In 1885 C.E. the Royal Niger Company became effective rulers of the area, signing treaties with local powers such as the Olubadan, and in 1900 the British government formally assumed authority over Nigeria as a "Protectorate". The British created the Ibadan Town Council in 1897, using the traditionally powerful local chiefs to administer their town. In 1901 the Governor Sir William MacGregor introduced an ordinance whereby the Baale became the president of the Council while the Resident was only to advise when necessary (Rulers of Ibadan were generally referred to as Baale until 1936, when the title of Olubadan was resuscitated).

On 1 October 1960, Nigeria gained its independence from the United Kingdom.

Ruling lines

There are two ruling lines to the throne of Olubadan, Egbe Agba (civil) and Balogun (military), from where Olubadans are appointed on rotational basis to occupy the stool on the death of a monarch. The next to Olubadan and most senior on both lines are the Otun Olubadan and Balogun, who under the Western Nigeria Law are recognised as second class traditional rulers and who are included on the Nigerian equivalent of a civil list as a result. Others are the Osi Olubadan, Asipa Olubadan, Ekerin and Ekarun, as well as Otun Balogun, Osi Balogun, Asipa Balogun, Ekerin and Ekarun Balogun, while the Seriki ("commerce minister" or "trade chief") and Iyalode, (i.e. mother of the town as "minister for women affairs" or "female chief") are also members of the Olubadan's privy council.

The eleven high chiefs that formed the Olubadan-in-council, apart from the Seriki and Iyalode, are recognised as the traditional head of each of the eleven LGs in Ibadanland. It was learned that the progenitors of Ibadan frowned on the involvement of the senior chiefs in partisan politics because of the salient neutral roles they were expected to play in their domains.
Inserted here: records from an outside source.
-- ===== src/Session/Validity.antt =====
-- For how long a key that was sent is accepted.
use meshtastenstein_rs.Base.{
  ℕ, ◌+◌, ◌-◌, ◌≡◌, ◌≤◌, ◌<◌, refl, true, Bool-cases, inl, inr, Option, none, some, List, [], ◌∷◌,
  ==_refl, leb, length, arith,
}
use meshtastenstein_rs.Session.{
  SessionPasskey, refresh, is_expired, needs_refresh, needs_new, fresh_passkey,
  ensure_session_passkey, response_key, same_bytes, matches_session, is_authorized,
}

pub same_bytes_refl : (bs : List ℕ) → same_bytes bs bs ≡ true
unfolding same_bytes
same_bytes_refl [] = refl
same_bytes_refl (b ∷ bs) = ground (arith, ==_refl b, same_bytes_refl bs)

-- a session that was issued in the past and has a key of eight bytes
unfoldable pub IsSession : ℕ → Option SessionPasskey → Type 0
IsSession now none = Unit
IsSession now (some s) = (s.issued_at ≤ now) × (length s.key ≡ 8)

-- a session issued less than `refresh` ago lets its own key through for that long
accepted :
    (now later : ℕ) (s : SessionPasskey)
    → now - s.issued_at < refresh
    → length s.key ≡ 8
    → later < now + refresh
    → is_authorized later true s.key (some s) ≡ true
unfolding is_authorized matches_session is_expired
accepted now later s young size soon = ground (arith, size, same_bytes_refl s.key)

-- The key that a response carries is accepted for less than 150 seconds from then on, as long as
-- the session is the one that this response left, so that no later response has made another key;
-- whatever session there was before: a new key is made when the old one would not last so long.
pub issued_is_accepted :
    (now later r1 r2 : ℕ) (session : Option SessionPasskey)
    → IsSession now session
    → later < now + refresh
    → is_authorized later true
        (response_key (ensure_session_passkey now r1 r2 session))
        (ensure_session_passkey now r1 r2 session)
      ≡ true
unfolding ensure_session_passkey needs_new needs_refresh response_key IsSession fresh_passkey
issued_is_accepted now later r1 r2 none h soon =
    accepted now later (fresh_passkey now r1 r2) (omega arith) refl soon
issued_is_accepted now later r1 r2 (some s) h soon =
    elim (Bool-cases (leb refresh (now - s.issued_at))) [
      | inl old ↦ rw (old) (accepted now later (fresh_passkey now r1 r2) (omega arith) refl soon)
      | inr young ↦ rw (young) (accepted now later s (ground (arith, young)) h.1 soon)
    ]
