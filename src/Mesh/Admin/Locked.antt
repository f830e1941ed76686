-- ===== src/Mesh/Admin/Locked.antt =====
-- What a command over LoRa needs to have any effect: the check at the head of `dispatch` in
-- domain/handlers/admin/mod.rs.
use meshtastenstein_rs.Base.{
  ℕ, ◌-◌, ◌≡◌, ◌<◌, ◌⊎◌, ap, refl, inl, inr, true, false, Option, none, some, List, [], ◌∷◌,
  Bool-cases, Option-cases, length, arith,
}
use meshtastenstein_rs.Session.{
  SessionPasskey, is_expired, same_bytes, matches_session, is_authorized,
}
use meshtastenstein_rs.Session.Validity.{same_bytes_refl}
use meshtastenstein_rs.Storage.{Flash}
use meshtastenstein_rs.Proto.{AdminMessage, Wire}
use meshtastenstein_rs.Mesh.{Moment, MeshCtx}
use meshtastenstein_rs.Mesh.Admin.{handle_request, admin_dispatch}

same_bytes_same : (a b : List ℕ) → same_bytes a b ≡ true → a ≡ b
unfolding same_bytes
same_bytes_same [] [] e = refl
same_bytes_same [] (c ∷ cs) e = absurd (ground (arith, e))
same_bytes_same (b ∷ bs) [] e = absurd (ground (arith, e))
same_bytes_same (b ∷ bs) (c ∷ cs) e = ground (arith, e, same_bytes_same bs cs)

-- a session whose key this is, and that is not yet 300 seconds old
abbrev pub Unlocks : ℕ → List ℕ → Option SessionPasskey → Type 0
Unlocks now key session =
    (s : SessionPasskey) × (session ≡ some s)
    × (key ≡ s.key)
    × (0 < length key)
    × (now - s.issued_at < 300000)

authorized-Unlocks :
    (now : ℕ) (key : List ℕ) (session : Option SessionPasskey)
    → is_authorized now true key session ≡ true
    → Unlocks now key session
unfolding is_authorized matches_session is_expired
authorized-Unlocks now key none e = absurd (ground (arith, e))
authorized-Unlocks now key (some s) e =
    (s, refl, same_bytes_same key s.key (ground (arith, e)), ground (arith, e), ground (arith, e))

authorized-unlocked :
    (now : ℕ) (key : List ℕ) (session : Option SessionPasskey)
    → Unlocks now key session
    → is_authorized now true key session ≡ true
unfolding is_authorized matches_session is_expired
authorized-unlocked now key none (s, there, same, full, young) = absurd (ground (arith, there))
authorized-unlocked now key (some held) (s, there, same, full, young) =
    ground (arith, there, same, full, young, same_bytes_refl s.key)

module _ {P M F : Type 0} (w : Wire P M) (t : Moment) where
  -- a command that can be decoded and carries the key of the session that there is
  unfoldable pub IsUnlocking : List ℕ → MeshCtx P M F → AdminMessage P → Type 0
  IsUnlocking bytes ctx msg =
      (w.decode_admin bytes ≡ some msg) × Unlocks t.now msg.session_passkey ctx.session_passkey

  refused_locked :
      (bytes : List ℕ) (msg : AdminMessage P) (ctx : MeshCtx P M F)
      → w.decode_admin bytes ≡ some msg
      → is_authorized t.now true msg.session_passkey ctx.session_passkey ≡ false
      → ¬ ((m : AdminMessage P) × IsUnlocking bytes ctx m)
  unfolding IsUnlocking
  refused_locked bytes msg ctx read refused (m, (read_as, key)) =
      let allowed : is_authorized t.now true m.session_passkey ctx.session_passkey ≡ true =
        authorized-unlocked t.now m.session_passkey ctx.session_passkey key in
      let same : msg ≡ m = ground (arith, read, read_as) in
      absurd (ground (arith, refused, ap (λ x. x.session_passkey) same, allowed))

  unread_locked :
      (bytes : List ℕ) (ctx : MeshCtx P M F)
      → w.decode_admin bytes ≡ none
      → ¬ ((m : AdminMessage P) × IsUnlocking bytes ctx m)
  unfolding IsUnlocking
  unread_locked bytes ctx unread (m, (read_as, key)) = absurd (ground (arith, unread, read_as))

module _ {P M F : Type 0} (w : Wire P M) (nor : Flash F) (t : Moment) where
  -- A command over LoRa is carried out if it can be decoded and carries the key of the session that
  -- there is, which is not empty and was issued less than 300 seconds ago. Any other changes
  -- nothing of the node, whatever it asks for.
  pub remote_command_needs_key :
      (requester id : ℕ) (bytes : List ℕ) (ctx : MeshCtx P M F)
      → ((msg : AdminMessage P) × IsUnlocking w t bytes ctx msg
          × (admin_dispatch w nor t requester id bytes true ctx
              ≡ handle_request w nor t requester id true msg.payload_variant ctx))
        ⊎ ((¬ ((msg : AdminMessage P) × IsUnlocking w t bytes ctx msg))
            × (admin_dispatch w nor t requester id bytes true ctx ≡ ctx))
  unfolding admin_dispatch IsUnlocking
  remote_command_needs_key requester id bytes ctx = elim (Option-cases (w.decode_admin bytes)) [
    | inl unread ↦ inr (unread_locked w t bytes ctx unread, rw (unread, admin_dispatch) refl)
    | inr (msg, read) ↦
        elim (Bool-cases (is_authorized t.now true msg.session_passkey ctx.session_passkey)) [
          | inl allowed ↦ inl (
            msg,
            (read, authorized-Unlocks t.now msg.session_passkey ctx.session_passkey allowed),
            rw (read, allowed, admin_dispatch) refl,
          )
          | inr refused ↦ inr (
            refused_locked w t bytes msg ctx read refused,
            rw (read, refused, admin_dispatch) refl,
          )
        ]
  ]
For instance, they are appointed as presidents of customary courts, who are expected to adjudicate on matrimonial, land, boundary and other communal disputes.

Ascension process

The Olubadan has the sweeping powers to depose or peg a chief, irrespective of the person's position on the chieftaincy line.  By implication, high chiefs on the lower cadre could be promoted above a high chief whose position was pegged. Even when forgiven, in the event that he was penitent, the promotion would not be reversed while the offending high chief served his punishment.  For instance, during the reign of Oba Fijabi II, between 1948 and 1952, a wealthy Balogun, who was next to Olubadan, was said to have had his chieftaincy pegged. About the same time, a holder of the title of Osi-Olubadan was also hammered for acts of disloyalty to the cause of Ibadanland, an offence regarded as treasonable felony. Spirited efforts made by a former Minister in the old Western Region to seek redress from the government and the courts when his chieftaincy title was also pegged, was reported to have failed. Although he was said to have been forgiven after seeking help outside the courts, his juniors who had been promoted above him were said to have remained his seniors thereafter.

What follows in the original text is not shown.